The DTable managed to finish these complex scenarios without any observable hit to scaling, which is a good sign, but future testing needs to be performed on larger data sizes to gain more insight into how well the current shuffle algorithm is performing.

DTable command: Dagger.groupby(d, :a1)

## Grouped reduction (single column)

Mimicking the success of reduction benchmarks, the DTable is again performing better here than the direct competition. For the single column reductions, it's an average ~20.2 times speedup over Dask, and their scaling behavior looks very similiar.

Contrary to the standard reduction benchmarks, the DTable doesn't offer a speedup compared to DataFrames.jl across all the data sizes. It looks like the current algorithm has a significant overhead that can be observed as a lower bound to the performance at smaller data sizes. For the benchmarks with the smaller unique_values count, the DTable manages to catch up to DataFrames.jl at bigger data sizes. This may indicate that by increasing the data size further, we might eventually reach a point where the DTable provides a performance improvement over DataFrames.jl in this scenario.

DTable command: r = reduce(fit!, g, cols=[:a2], init=Mean())

## Grouped reduction (all columns)

The results for the all-columns reduction look very similiar to single-column. The DTable managed to offer an average ~22.3 times speeup over Dask.

Again, the DTable is heavily falling behind DataFrames.jl on smaller data sizes due to the significant entry overhead acting as a lower performance bound at smaller data sizes.

DTable command: r = reduce(fit!, g, init=Mean())

# Implementation details (for interested users)

The DTable is built on top of Dagger and Tables.jl, and currently resides within the Dagger.jl package. That means it can run in any environment Dagger is capable of running in. You should be able to use the DTable effectively on your local machine in a threaded environment, on a bigger machine with many workers and threads, or have the workload spread around multiple machines and workers in your cluster.

The DTable uses Dagger's new "Eager API", which means that all the parallelized calls are executed using Dagger.spawn and Dagger.@spawn.
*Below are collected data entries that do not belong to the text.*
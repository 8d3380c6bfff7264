-- ===== src/Engine/Scheduler/Lasts.antt =====
-- internal/engine/scheduler.go, Run: a day that fails does not end the loop.
use crypto_swing_bot.Prelude.{◌≡◌, true}
use crypto_swing_bot.Float.{Float}
use crypto_swing_bot.Engine.World.{World, Step, goes, stops, panics, context_canceled}
use crypto_swing_bot.Engine.Decisions.{is_due}

module _ {F D : Type 0} where
  -- It goes on, or it was canceled; a panic of the decimal package ends the program.
  abbrev pub IsLasting : Step F D (Unit {0}) → Type 0
  IsLasting (goes u w) = Unit
  IsLasting (stops e w) = (e ≡ context_canceled) × (is_due w.now w.cancel_at ≡ true)
  IsLasting panics = Unit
Memory is managed by Dagger through the usage of MemPool.jl. Upgrades to the related projects in the future will hopefully yield performance and functionality improvements for the DTable.

Because of the dependencies of the DTable on other projects, its focus is completely on delivering Tables.jl compatible algorithms and interfaces to address the growing needs for processing big tabular data.
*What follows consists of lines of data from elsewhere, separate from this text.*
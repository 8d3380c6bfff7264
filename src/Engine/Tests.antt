-- ===== src/Engine/Tests.antt =====
-- A day of paper trading, and the theorems at it.
use crypto_swing_bot.Prelude.{
  ℕ, ◌+◌, ◌*◌, ◌≡◌, refl, ℤ, pos, Bool, true, false, some, List, [], ◌∷◌, arith,
}
use crypto_swing_bot.Float.Fixed.{fixed_decimal}
use crypto_swing_bot.Float.Whole.{whole_float, whole_convert}
use crypto_swing_bot.Domain.{Time, Candle, Signal, enter, Market, hour}
use crypto_swing_bot.Risk.Breaker.{day}
use crypto_swing_bot.Notify.Approval.{expired}
use crypto_swing_bot.Strategy.{Strategy}
use crypto_swing_bot.Engine.World.{World, Step, goes, stops, panics}
use crypto_swing_bot.Engine.Resubmit.{EngineConfig}
use crypto_swing_bot.Engine.Decisions.{
  await_decisions, await_loop, turn, select, receive, expire_all, by_id,
}
use crypto_swing_bot.Engine.Decisions.Rows.{status_at}
use crypto_swing_bot.Risk.Breaker.{daily_loss}
use crypto_swing_bot.Broker.Book.{fresh, paper}
use crypto_swing_bot.Engine.Rebuild.{DaySnapshot}
use crypto_swing_bot.Engine.After.{After}
use crypto_swing_bot.Engine.Exits.Sells.{buys, IsCalm}
use crypto_swing_bot.Engine.Daily.Once.{run_once-again}
use crypto_swing_bot.Engine.Daily.Halted.{act_on_signals-IsCalm}
use crypto_swing_bot.Engine.Daily.{Surroundings, candle_day, run_once}
use crypto_swing_bot.Engine.Tables.{update_proposal_status}
use crypto_swing_bot.Engine.Tables.{
  list_by_status, insert_proposal, insert_equity_snapshot, insert_by_ts, list_equity_snapshots,
}
use crypto_swing_bot.Engine.Resubmit.{
  proposal_less, insert_by_creation, sort_by_creation, load_decided, decided_on, resubmit,
  resubmit_all,
}
use crypto_swing_bot.Engine.Rebuild.{
  record_errors, record_closed, close_day, replay_days, reconstruct,
}
use crypto_swing_bot.Engine.Notices.{note_order_error, persist_breaker_state, notify_stop_triggers}
use crypto_swing_bot.Engine.Exits.{process_exit_or_stop, process_all}
use crypto_swing_bot.Engine.Entries.{propose_entry, propose_all, submit_approved, submit_all}
use crypto_swing_bot.Engine.Sync.{
  closed_rows, open_rows, trade_rows, sync_trades, fill_all, sync_proposal_fills,
}
use crypto_swing_bot.Engine.Daily.{
  candle_day, already_processed, series_and_universe, mark_submitted, act_on_signals,
  write_snapshot, trade_day, run_day, resume_pending,
}
use crypto_swing_bot.Broker.Book.{new_cursors, costs_valid, candle_at, new_paper_broker}
use crypto_swing_bot.Broker.Day.{
  advance_known, advance_cursors, insert_sorted, sort_symbols, gap_fill, fill_one, fill_loop,
  fill_pending, raise_all, update_high_water, check_stop, check_all_stops, check_stops, advance,
}
use crypto_swing_bot.Broker.Fill.{
  mark_canceled, mark_filled, closed_trade, settle_exit, fill_price_of, opened, fill_buy, fill_sell,
}
use crypto_swing_bot.Broker.Orders.{
  find_client_order_id, dequeue, new_order, order_error, move_stop, place, submit, order_status,
  cancel,
}
use crypto_swing_bot.Broker.View.{
  last_close, marked, plain_positions, portfolio, closed_trades_since,
}
use crypto_swing_bot.Backtest.Calendar.{
  insert_time, sort_times, note_series, note_all, build_calendar, index_series, build_date_index,
  truncate_series, select_all, build_series_and_universe,
}
use crypto_swing_bot.Backtest.Benchmark.{
  by_time, buy_at, hold_loop, buy_and_hold_curve, volume_sum, rank_all, insert_ranked, sort_ranked,
  blank_points, add_leg, add_legs, with_exposure, top10_equal_weight_curve,
}
use crypto_swing_bot.Risk.Gate.{in_cooldown, cannot_afford, first_broken, evaluate}
use crypto_swing_bot.Risk.Sizer.{floor_to_step, trim, checked, trimmed, size}
use crypto_swing_bot.Risk.Breaker.{
  prune, count_until, closed_on_day, record_trade, record_order_error, reset, new_breaker,
  leading_losses, consecutive, daily_pnl, drawdown_trips, daily_loss_trips, condition, new_peak,
  check,
}
use crypto_swing_bot.Domain.{is_listed_at, is_filled, exposure, unrealized_pnl}
use crypto_swing_bot.Engine.Decisions.Examples.{world, world_of}

abbrev bar : ℕ → ℕ → Candle ℤ
bar n price = record {
  open_time = n * day;
  open_price = pos price;
  high = pos price;
  low = pos price;
  close = pos price;
  volume = pos 1;
  quote_volume = pos price;
}

-- A strategy that asks for every symbol of the universe.
abbrev signal_for : Time → ℕ → Signal ℤ
signal_for t sym = record {
  as_of = t;
  symbol = sym;
  kind = enter;
  score = pos 0;
  ref_price = pos 100;
  stop_price = pos 90;
}

abbrev signals_for : Time → List ℕ → List (Signal ℤ)
signals_for t [] = []
signals_for t (sym ∷ syms) = signal_for t sym ∷ signals_for t syms

abbrev greedy : Strategy ℤ ℤ
greedy = record {
  name = 1;
  warmup_bars = pos 0;
  evaluate = λ i. some (signals_for i.as_of i.universe);
}

abbrev pub config : EngineConfig ℤ ℤ
config = record {
  strategy = greedy;
  risk = record {
    risk_per_trade = pos 1;
    max_positions = pos 5;
    max_exposure = pos 1;
    max_position_pct = pos 1;
    cooldown_hours = pos 24;
  };
  breaker = record {
    max_drawdown = pos 1;
    max_daily_loss = pos 1;
    max_consecutive_losses = pos 6;
    max_order_errors_24h = pos 3;
  };
  costs = record { fee_rate = pos 1; slippage_bps = pos 15 };
  initial_cash = pos 1000;
  approval_ttl = 100;
  poll_interval = 40;
  client_order_id = λ id kind. id + 1;
  new_proposal_id = λ n. n + 10;
  btc_symbol = 7;
  sends = λ id. true;
}

abbrev pub surroundings : Surroundings ℤ ℤ
surroundings = record {
  update = λ candles. some candles;
  critical_issues = λ candles. some 0;
  universe = λ t w. some (7 ∷ []);
  cancel_first = λ n. false;
  fuel = λ w. 200;
}

abbrev market : Market ℤ
market = record {
  symbol = 7;
  base = 1;
  quote = 2;
  active = true;
  tick_size = pos 1;
  step_size = pos 1;
  min_notional = pos 1;
  listed_at = 0;
  delisted_at = 0;
}

-- The morning behind the second bar of the symbol 7.
abbrev pub morning : World ℤ ℤ
morning = record world {
  proposals = [];
  markets = (7, market) ∷ [];
  candles = (7, bar 1 100 ∷ bar 2 100 ∷ []) ∷ [];
  decisions = [];
  now = 3 * day + hour;
}

abbrev day_result : Step ℤ ℤ (Unit {0})
day_result = run_once config surroundings morning

abbrev evening : World ℤ ℤ
evening = world_of day_result

abbrev is_goes : {A : Type 0} → Step ℤ ℤ A → Bool
is_goes (goes a w) = true
is_goes _ = false

goes-world_of : (s : Step ℤ ℤ (Unit {0})) → is_goes s ≡ true → s ≡ goes tt (world_of s)
goes-world_of (goes tt w) h = refl
goes-world_of (stops e w) h = absurd (ground (arith, h))
goes-world_of panics h = absurd (ground (arith, h))

day_goes : day_result ≡ goes tt evening
unfolding list_by_status insert_proposal update_proposal_status insert_equity_snapshot insert_by_ts
    list_equity_snapshots proposal_less insert_by_creation sort_by_creation load_decided decided_on
    resubmit resubmit_all record_errors record_closed close_day replay_days reconstruct
    note_order_error persist_breaker_state notify_stop_triggers process_exit_or_stop process_all
    propose_entry propose_all submit_approved submit_all closed_rows open_rows trade_rows
    sync_trades fill_all sync_proposal_fills candle_day already_processed series_and_universe
    mark_submitted act_on_signals write_snapshot trade_day run_day run_once resume_pending
    new_cursors costs_valid candle_at new_paper_broker advance_known advance_cursors insert_sorted
    sort_symbols gap_fill fill_one fill_loop fill_pending raise_all update_high_water check_stop
    check_all_stops check_stops advance mark_canceled mark_filled closed_trade settle_exit
    fill_price_of opened fill_buy fill_sell find_client_order_id dequeue new_order order_error
    move_stop place submit order_status cancel last_close marked plain_positions portfolio
    closed_trades_since insert_time sort_times note_series note_all build_calendar index_series
    build_date_index truncate_series select_all build_series_and_universe by_time buy_at hold_loop
    buy_and_hold_curve volume_sum rank_all insert_ranked sort_ranked blank_points add_leg add_legs
    with_exposure top10_equal_weight_curve in_cooldown cannot_afford first_broken evaluate
    floor_to_step trim checked trimmed size prune count_until closed_on_day record_trade
    record_order_error reset new_breaker leading_losses consecutive daily_pnl drawdown_trips
    daily_loss_trips condition new_peak check is_listed_at is_filled exposure unrealized_pnl
    await_decisions await_loop by_id turn select receive expire_all
day_goes = goes-world_of day_result refl

-- The strategy asked for the symbol 7, and nobody answered.
evening_row : status_at 10 evening ≡ some expired
unfolding list_by_status insert_proposal update_proposal_status insert_equity_snapshot insert_by_ts
    list_equity_snapshots proposal_less insert_by_creation sort_by_creation load_decided decided_on
    resubmit resubmit_all record_errors record_closed close_day replay_days reconstruct
    note_order_error persist_breaker_state notify_stop_triggers process_exit_or_stop process_all
    propose_entry propose_all submit_approved submit_all closed_rows open_rows trade_rows
    sync_trades fill_all sync_proposal_fills candle_day already_processed series_and_universe
    mark_submitted act_on_signals write_snapshot trade_day run_day run_once resume_pending
    new_cursors costs_valid candle_at new_paper_broker advance_known advance_cursors insert_sorted
    sort_symbols gap_fill fill_one fill_loop fill_pending raise_all update_high_water check_stop
    check_all_stops check_stops advance mark_canceled mark_filled closed_trade settle_exit
    fill_price_of opened fill_buy fill_sell find_client_order_id dequeue new_order order_error
    move_stop place submit order_status cancel last_close marked plain_positions portfolio
    closed_trades_since insert_time sort_times note_series note_all build_calendar index_series
    build_date_index truncate_series select_all build_series_and_universe by_time buy_at hold_loop
    buy_and_hold_curve volume_sum rank_all insert_ranked sort_ranked blank_points add_leg add_legs
    with_exposure top10_equal_weight_curve in_cooldown cannot_afford first_broken evaluate
    floor_to_step trim checked trimmed size prune count_until closed_on_day record_trade
    record_order_error reset new_breaker leading_losses consecutive daily_pnl drawdown_trips
    daily_loss_trips condition new_peak check is_listed_at is_filled exposure unrealized_pnl
    await_decisions await_loop by_id turn select receive expire_all
evening_row = refl

-- Six hours after the morning, when the proposals have been lost.
abbrev later : World ℤ ℤ
later = record evening { now = 3 * day + 7 * hour; proposals = [] }

run_once-again_example :
    run_once (record config { initial_cash = pos 5 }) (record surroundings { fuel = λ w. 0 }) later
    ≡ goes tt later
run_once-again_example =
    run_once-again config (record config { initial_cash = pos 5 }) surroundings
      (record surroundings { fuel = λ w. 0 }) morning evening later day_goes refl (omega arith)

-- The account of the morning with a breaker that is open.
abbrev halted : DaySnapshot ℤ ℤ
halted = record {
  broker = fresh paper morning.candles (pos 1000) config.costs day 1;
  breaker = record {
    state = record { is_open = true; reason = some daily_loss; at = day };
    trades = [];
    errors = [];
    peak_equity = pos 1000;
  };
  last_exit_at = [];
  trades_seen = 0;
  order_errors = [];
  todays_closed_trades = [];
}

act_on_signals-IsCalm_example :
    After
      (λ s w'. IsCalm (buys halted.broker) s)
      (act_on_signals config surroundings morning.now
        (2 * day)
        (portfolio halted.broker)
        (signal_for (2 * day) 7 ∷ [])
        halted
        morning)
act_on_signals-IsCalm_example =
    act_on_signals-IsCalm config surroundings morning.now (2 * day) (portfolio halted.broker)
      (signal_for (2 * day) 7 ∷ []) halted morning refl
We hope that the Tables.jl interface will grow to include an even wider range of functionality while still providing great intercompatibility with other Julia packages.

For more details, please visit the Dagger documentation.

# Some caveats

There are some pending PRs that haven't been merged into Julia yet that improve the thread safety of Distributed, which directly affects Dagger.jl stability. The user experience may occasionally be interrupted when extensively using the DTable in a threaded or mixed environment by occasional hangs or crashes.
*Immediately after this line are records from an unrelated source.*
-- ===== src/Config/Rules.antt =====
-- What `Validate` demands of TLS and of discovery, and what becomes of discovery.
use pg_k8s_proxy.Common.{
  ◌≡◌, refl, ap, subst, ◌∙◌, ◌⊎◌, inl, inr, pos, Bytes, some, Bool, true, false, not, ◌&&◌, ◌||◌,
  ok, fail_if, is_empty, text_eq, text_eq_iff, ltb_ℤ, Bool-cases, Option-cases,
}
use pg_k8s_proxy.Config.{
  Settings, ProxyConfig, DiscoveryConfig, Selector, Host, runs_manager, mode_disable, mode_allow,
  mode_require, is_role, is_log_level, is_log_format, check_tls_mode, resolve_discovery,
  needs_tls_files,
}

pub data TlsIsUsable (p : ProxyConfig) : Type 0 where
  off : p.tls_mode ≡ mode_disable → TlsIsUsable p
  on :
      (p.tls_mode ≡ mode_allow) ⊎ (p.tls_mode ≡ mode_require)
      → is_empty p.tls_cert_file ≡ false
      → is_empty p.tls_key_file ≡ false
      → TlsIsUsable p

-- Discovery that is wanted in a process that may write has a selector that says something.
abbrev pub SelectorIsUsable : Host → Bytes → DiscoveryConfig → Type 0
SelectorIsUsable host role d =
    (d.enabled && runs_manager role ≡ false)
    ⊎ ((s : Selector) × (host.parse_selector d.label_selector ≡ some s) × (s.empty ≡ false))

pub record IsAccepted (host : Host) (c : Settings) : Type 0 where
  pub role : is_role c.role ≡ true
  pub tls : TlsIsUsable c.proxy
  pub connections : ltb_ℤ c.proxy.max_connections (pos 0) ≡ false
  pub cluster_domain : is_empty c.watch.cluster_domain ≡ false
  pub selector : SelectorIsUsable host c.role c.discovery
  pub log_level : is_log_level c.log_level ≡ true
  pub log_format : is_log_format c.log_format ≡ true

pub not_inv : (b : Bool) → not b ≡ false → b ≡ true
not_inv true h = refl
not_inv false h = absurd (cc h)

modes_differ :
    (text_eq mode_allow mode_disable ≡ false)
    × (text_eq mode_require mode_disable ≡ false)
    × (text_eq mode_require mode_allow ≡ false)
unfolding text_eq
modes_differ = (refl, refl, refl)

or_inv : (a b : Bool) → a || b ≡ true → (a ≡ true) ⊎ (b ≡ true)
or_inv true b h = inl refl
or_inv false b h = inr h

or_false_inv : (a b : Bool) → a || b ≡ false → (a ≡ false) × (b ≡ false)
or_false_inv true b h = absurd (cc h)
or_false_inv false b h = (refl, h)

fail_if-ok {ℓ} : {E : Type ℓ} (b : Bool) (e : E) {u : Unit {0}} → fail_if b e ≡ ok u → b ≡ false
fail_if-ok true e h = cc
fail_if-ok false e h = refl

pub check_tls_mode_inv : (p : ProxyConfig) {u : Unit} → check_tls_mode p ≡ ok u → TlsIsUsable p
unfolding check_tls_mode
check_tls_mode_inv p h = elim (Bool-cases (text_eq p.tls_mode mode_disable)) [
  | inl e ↦ off ((text_eq_iff p.tls_mode mode_disable).0 e)
  | inr e ↦ elim (Bool-cases (text_eq p.tls_mode mode_allow || text_eq p.tls_mode mode_require)) [
    | inr m ↦ absurd (cc (simp (e, m, check_tls_mode) at h))
    | inl m ↦
        let files = or_false_inv _ _ (
          fail_if-ok (is_empty p.tls_cert_file || is_empty p.tls_key_file)
            (needs_tls_files p.tls_mode) (simp (e, m, check_tls_mode) at h)) in
        on
          (elim (or_inv _ _ m) [
            | inl a ↦ inl ((text_eq_iff p.tls_mode mode_allow).0 a)
            | inr r ↦ inr ((text_eq_iff p.tls_mode mode_require).0 r)
          ])
          files.0 files.1
  ]
]

pub check_tls_mode_ok : (p : ProxyConfig) → TlsIsUsable p → check_tls_mode p ≡ ok tt
unfolding check_tls_mode
check_tls_mode_ok p (off m) = simp ((text_eq_iff p.tls_mode mode_disable).1 m, check_tls_mode) refl
check_tls_mode_ok p (on (inl m) c k) =
    simp
      (
        ap (λ x. text_eq x mode_disable) m ∙ modes_differ.0,
        (text_eq_iff p.tls_mode mode_allow).1 m,
        c,
        k,
        check_tls_mode,
      )
      refl
check_tls_mode_ok p (on (inr m) c k) =
    simp
      (
        ap (λ x. text_eq x mode_disable) m ∙ modes_differ.1,
        ap (λ x. text_eq x mode_allow) m ∙ modes_differ.2,
        (text_eq_iff p.tls_mode mode_require).1 m,
        c,
        k,
        check_tls_mode,
      )
      refl

-- What discovery is resolved to.
pub record IsResolvedDiscovery (host : Host) (role : Bytes) (d d' : DiscoveryConfig) : Type 0 where
  pub enabled : d'.enabled ≡ d.enabled && runs_manager role
  pub annotation : d'.database_annotation ≡ d.database_annotation
  pub selector :
      (d'.enabled ≡ false)
      ⊎ ((s : Selector) × (d'.selector ≡ some s)
          × (host.parse_selector d.label_selector ≡ some s)
          × (s.empty ≡ false))

pub resolve_discovery_inv :
    (host : Host) (role : Bytes) (d : DiscoveryConfig) {d' : DiscoveryConfig}
    → resolve_discovery host role d ≡ ok d'
    → SelectorIsUsable host role d × IsResolvedDiscovery host role d d'
unfolding resolve_discovery
resolve_discovery_inv host role d {d'} h = elim (Bool-cases d.enabled) [
  | inr e ↦
      let is : d ≡ d' = cc (simp (e, resolve_discovery) at h) in
      (
        inl (simp e refl),
        subst (IsResolvedDiscovery host role d) is
            (record { enabled = simp e refl; annotation = refl; selector = inl e }),
      )
  | inl e ↦ elim (Bool-cases (runs_manager role)) [
    | inr m ↦
        let is : record d { enabled = false } ≡ d' = cc (simp (e, m, resolve_discovery) at h) in
        (
          inl (simp (e, m) refl),
          subst (IsResolvedDiscovery host role d) is
              (record { enabled = simp (e, m) refl; annotation = refl; selector = inl refl }),
        )
    | inl m ↦ elim (Option-cases (host.parse_selector d.label_selector)) [
      | inl n ↦ absurd (cc (simp (e, m, n, resolve_discovery) at h))
      | inr (s, n) ↦ elim (Bool-cases s.empty) [
        | inl k ↦ absurd (cc (simp (e, m, n, k, resolve_discovery) at h))
        | inr k ↦
            let is : record d { selector = some s } ≡ d' =
              cc (simp (e, m, n, k, resolve_discovery) at h) in
            (
              inr (s, n, k),
              subst (IsResolvedDiscovery host role d) is (record {
                enabled = simp (e, m) refl;
                annotation = refl;
                selector = inr (s, refl, n, k);
              }),
            )
      ]
    ]
  ]
]

pub resolve_discovery_ok :
    (host : Host) (role : Bytes) (d : DiscoveryConfig)
    → SelectorIsUsable host role d
    → (d' : DiscoveryConfig) × (resolve_discovery host role d ≡ ok d')
unfolding resolve_discovery
resolve_discovery_ok host role d u = elim (Bool-cases d.enabled) [
  | inr e ↦ (d, simp (e, resolve_discovery) refl)
  | inl e ↦ elim (Bool-cases (runs_manager role)) [
    | inr m ↦ (record d { enabled = false }, simp (e, m, resolve_discovery) refl)
    | inl m ↦ elim u [
      | inl unwanted ↦ absurd (cc (simp (e, m) at unwanted))
      | inr (s, n, k) ↦ (record d { selector = some s }, simp (e, m, n, k, resolve_discovery) refl)
    ]
  ]
]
We hope to include all the necessary fixes in future patches to Julia 1.7.

# Conclusion

The DTable has successfully passed the proof-of-concept stage and is currently under active development as a part of the Dagger.jl package.

This early performance assessment has confirmed that the DTable has the potential to become a competetive tool for processing tabular data. It managed to perform significantly better than direct competition (Dask) in 6 out of 7 presented benchmarks and in the remaining one it doesn't fall too far behind. While this looks promising there's still a lot of work ahead in order to make the DTable feature-rich and even faster, so keep an eye out for future updates on the project.

Functionality presented as part of this blogpost is generally available as of today. We highly encourage everyone to have a look at the documentation and to try out the examples included! Due to the fact that the DTable is still in early development, it's very much possible to provide feedback and affect the roadmap and future design decisions.